■ **PROBLEM DETAILS**
Copy each line below that includes "subst".

■ **RECORDS FOR PROCESSING**
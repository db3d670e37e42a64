-- ===== src/Connection/Contents.antt =====
-- What the registry's calls put into the channels, and which connections they leave in it.
use yappa_core.Common.{
  Every, Every-append, string_eq, nat_eq, String, ◌≡◌, ◌⊎◌, inl, inr, refl, sym, ap, ◌∙◌, subst,
  Bool, true, false, ◌&&◌, Option, none, some, List, [], ◌∷◌, ◌++◌, ◌==◌, if◌then◌else◌, Bool-cases,
  eq_of_==, ==-refl, arith,
}
use yappa_core.Auth.{Identity}
use yappa_core.Connection.{
  ConnectionRegistry, ConnectionId, TrySend, sent, full, closed, contains_key,
}
use yappa_core.Connection.Deliver.{kept, kept_after}
use yappa_core.Connection.Spec.{
  Presence, Call, registers, unregisters, joins, leaves, creates, deletes, sends_to_user,
  sends_to_group, is_in, view, apply, run, expected, channel_of,
}
use yappa_core.Connection.Valid.{IsValid, apply-IsValid}
use yappa_core.Connection.Refinement.{view-apply}

-- A bounded channel's queue after `try_send`: the message is at its end, or not in it.
abbrev pub queue_after : {M : Type 0} → TrySend → List M → M → List M
queue_after sent q m = q ++ m ∷ []
queue_after full q m = q
queue_after closed q m = q

-- The connection that a call puts into the registry.
abbrev pub Opens : {S M : Type 0} → Call S M → String → String → ConnectionId → Type 0
Opens (registers i c s) t u k = (i.tenant_id ≡ t) × (i.user_id ≡ u) × (c ≡ k)
Opens (unregisters i c) t u k = ⊥
Opens (joins t' g v) t u k = ⊥
Opens (leaves t' g v) t u k = ⊥
Opens (creates t' g) t u k = ⊥
Opens (deletes t' g) t u k = ⊥
Opens (sends_to_user t' v m) t u k = ⊥
Opens (sends_to_group t' g m) t u k = ⊥

module _ {S M : Type 0} (try_send : S → M → TrySend × S) where
  abbrev pub is_held : ConnectionRegistry S → String → String → ConnectionId → Bool
  is_held r t u k = contains_key (channel_of r t u k)

  held_if :
      (b : Bool) (o : Option S) (m : M)
      → contains_key (if b then kept_after try_send m o else o) ≡ true
      → contains_key o ≡ true
  held_if true none m h = h
  held_if true (some s) m h = refl
  held_if false o m h = h

  expected-held :
      (p : Presence S) (c : Call S M) (t u : String) (k : ConnectionId)
      → contains_key ((expected try_send p c).channel t u k) ≡ true
      → (contains_key (p.channel t u k) ≡ true) ⊎ Opens c t u k
  expected-held p (registers i c s) t u k h =
      ground (arith, eq_of_== i.tenant_id t, eq_of_== i.user_id u, eq_of_== c k)
  expected-held p (unregisters i c) t u k h = ground arith
  expected-held p (joins t' g v) t u k h = inl h
  expected-held p (leaves t' g v) t u k h = inl h
  expected-held p (creates t' g) t u k h = inl h
  expected-held p (deletes t' g) t u k h = inl h
  expected-held p (sends_to_user t' v m) t u k h = inl (held_if _ (p.channel t u k) m h)
  expected-held p (sends_to_group t' g m) t u k h = inl (held_if _ (p.channel t u k) m h)

  -- A call keeps connections or drops them; only `registers` adds one.
  pub apply-held :
      (r : ConnectionRegistry S) (c : Call S M) (t u : String) (k : ConnectionId)
      → IsValid r
      → is_held (apply try_send r c) t u k ≡ true
      → (is_held r t u k ≡ true) ⊎ Opens c t u k
  apply-held r c t u k v h =
      expected-held (view r) c t u k
        (ap (λ p. contains_key (p.channel t u k)) (sym (view-apply try_send r c v)) ∙ h)

  -- A call that opens no connection.
  abbrev pub OpensNone : Call S M → Type 0
  OpensNone c = (t u : String) (k : ConnectionId) → Opens c t u k → ⊥

  pub run-held :
      (r : ConnectionRegistry S) (cs : List (Call S M)) (t u : String) (k : ConnectionId)
      → IsValid r
      → Every OpensNone cs
      → is_held (run try_send r cs) t u k ≡ true
      → is_held r t u k ≡ true
  unfolding run
  run-held r [] t u k v none_opened h = h
  run-held r (c ∷ cs) t u k v none_opened h =
      elim (apply-held r c t u k v
        (run-held (apply try_send r c) cs t u k (apply-IsValid try_send c v) none_opened.1 h)) [
          | inl before ↦ before
          | inr opened ↦ absurd (none_opened.0 t u k opened)
        ]

  -- After `unregisters` its connection is gone, and every other one was there before.
  pub unregisters-held :
      (r : ConnectionRegistry S) (i : Identity) (c k : ConnectionId) (t u : String)
      → IsValid r
      → is_held (apply try_send r (unregisters i c)) t u k ≡ true
      → (is_held r t u k ≡ true) × ((i.tenant_id ≡ t) × (i.user_id ≡ u) × (c ≡ k) → ⊥)
  unregisters-held r i c k t u v h =
      let h' : contains_key ((expected try_send (view r) (unregisters i c)).channel t u k) ≡ true =
        ap (λ p. contains_key (p.channel t u k)) (sym (view-apply try_send r (unregisters i c) v))
        ∙ h in
      (ground arith, λ (same, user, id). ground (arith, ==-refl t, ==-refl u, ==-refl k))

  module _ (queued : S → List M)
      (queued_lem : (s : S) (m : M)
        → let (outcome, s') = try_send s m in queued s' ≡ queue_after outcome (queued s) m)
      (IsAllowed : String → M → Type 0) where
    -- Everything queued for a tenant's connections is allowed for the tenant.
    abbrev pub IsClean : ConnectionRegistry S → Type 0
    IsClean r =
        (t u : String) (k : ConnectionId) (s : S)
        → channel_of r t u k ≡ some s
        → Every (IsAllowed t) (queued s)

    -- What a call sends, or has in a new channel, is allowed for its tenant.
    abbrev pub Sends : Call S M → Type 0
    Sends (registers i c s) = Every (IsAllowed i.tenant_id) (queued s)
    Sends (sends_to_user t u m) = IsAllowed t m
    Sends (sends_to_group t g m) = IsAllowed t m
    Sends _ = Unit

    kept-Every :
        (t : String) (m : M) (x : TrySend × S) (s s' : S)
        → try_send s m ≡ x
        → Every (IsAllowed t) (queued s)
        → IsAllowed t m
        → kept x ≡ some s'
        → Every (IsAllowed t) (queued s')
    kept-Every t m (sent, s₁) s s' e clean ok h =
        let same : s₁ ≡ s' = cc in
        let after : queued s₁ ≡ queued s ++ m ∷ [] = rw e at (queued_lem s m) in
        subst (λ q. Every (IsAllowed t) (queued q)) same
          (subst (λ l. Every (IsAllowed t) l) (sym after)
            (Every-append (IsAllowed t) (queued s) (m ∷ []) clean (ok, tt)))
    kept-Every t m (full, s₁) s s' e clean ok h = cc
    kept-Every t m (closed, s₁) s s' e clean ok h = cc

    kept_if-Every :
        (b : Bool) (t : String) (m : M) (o : Option S) (s' : S)
        → ((s : S) → o ≡ some s → Every (IsAllowed t) (queued s))
        → (b ≡ true → IsAllowed t m)
        → (if b then kept_after try_send m o else o) ≡ some s'
        → Every (IsAllowed t) (queued s')
    kept_if-Every true t m none s' clean ok h = cc
    kept_if-Every true t m (some s) s' clean ok h =
        kept-Every t m (try_send s m) s s' refl (clean s refl) (ok refl) h
    kept_if-Every false t m o s' clean ok h = clean s' h

    in_tenant : (t₀ t : String) (b : Bool) → (t₀ == t) && b ≡ true → t₀ ≡ t
    in_tenant t₀ t b h = ground (arith, eq_of_== t₀ t)

    expected-IsClean :
        (r : ConnectionRegistry S) (c : Call S M) (t u : String) (k : ConnectionId) (s : S)
        → IsClean r
        → Sends c
        → (expected try_send (view r) c).channel t u k ≡ some s
        → Every (IsAllowed t) (queued s)
    expected-IsClean r (registers i c tx) t u k s clean ok h =
        elim (Bool-cases (((i.tenant_id == t) && (i.user_id == u)) && (c == k))) [
          | inl own ↦
              let new : tx ≡ s = ground arith in
              let same : i.tenant_id ≡ t = ground (arith, eq_of_== i.tenant_id t) in
              subst (λ q. Every (IsAllowed t) (queued q)) new
                (subst (λ n. Every (IsAllowed n) (queued tx)) same ok)
          | inr other ↦ clean t u k s (rw other at h)
        ]
    expected-IsClean r (unregisters i c) t u k s clean ok h =
        elim (Bool-cases (((i.tenant_id == t) && (i.user_id == u)) && (c == k))) [
          | inl own ↦ absurd (let e : none ≡ some s = rw own at h in cc)
          | inr other ↦ clean t u k s (rw other at h)
        ]
    expected-IsClean r (joins t' g v) t u k s clean ok h = clean t u k s h
    expected-IsClean r (leaves t' g v) t u k s clean ok h = clean t u k s h
    expected-IsClean r (creates t' g) t u k s clean ok h = clean t u k s h
    expected-IsClean r (deletes t' g) t u k s clean ok h = clean t u k s h
    expected-IsClean r (sends_to_user t' v m) t u k s clean ok h =
        kept_if-Every ((t' == t) && (v == u)) t m (channel_of r t u k) s (clean t u k)
          (λ b. subst (λ n. IsAllowed n m) (in_tenant t' t (v == u) b) ok) h
    expected-IsClean r (sends_to_group t' g m) t u k s clean ok h =
        let inside = is_in ((view r).group t' g) u in
        kept_if-Every ((t' == t) && inside) t m (channel_of r t u k) s (clean t u k)
          (λ b. subst (λ n. IsAllowed n m) (in_tenant t' t inside b) ok) h

    pub apply-IsClean :
        (r : ConnectionRegistry S) (c : Call S M)
        → IsValid r
        → IsClean r
        → Sends c
        → IsClean (apply try_send r c)
    apply-IsClean r c v clean ok t u k s h =
        expected-IsClean r c t u k s clean ok
          (ap (λ p. p.channel t u k) (sym (view-apply try_send r c v)) ∙ h)

    pub run-IsClean :
        (r : ConnectionRegistry S) (cs : List (Call S M))
        → IsValid r
        → IsClean r
        → Every Sends cs
        → IsClean (run try_send r cs)
    unfolding run
    run-IsClean r [] v clean ok = clean
    run-IsClean r (c ∷ cs) v clean ok =
        run-IsClean (apply try_send r c) cs (apply-IsValid try_send c v)
          (apply-IsClean r c v clean ok.0) ok.1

■ **THE ANSWER**
  Every, Every-append, string_eq, nat_eq, String, ◌≡◌, ◌⊎◌, inl, inr, refl, sym, ap, ◌∙◌, subst,
        subst (λ q. Every (IsAllowed t) (queued q)) same
          (subst (λ l. Every (IsAllowed t) l) (sym after)
              subst (λ q. Every (IsAllowed t) (queued q)) new
                (subst (λ n. Every (IsAllowed n) (queued tx)) same ok)
          (λ b. subst (λ n. IsAllowed n m) (in_tenant t' t (v == u) b) ok) h
          (λ b. subst (λ n. IsAllowed n m) (in_tenant t' t inside b) ok) h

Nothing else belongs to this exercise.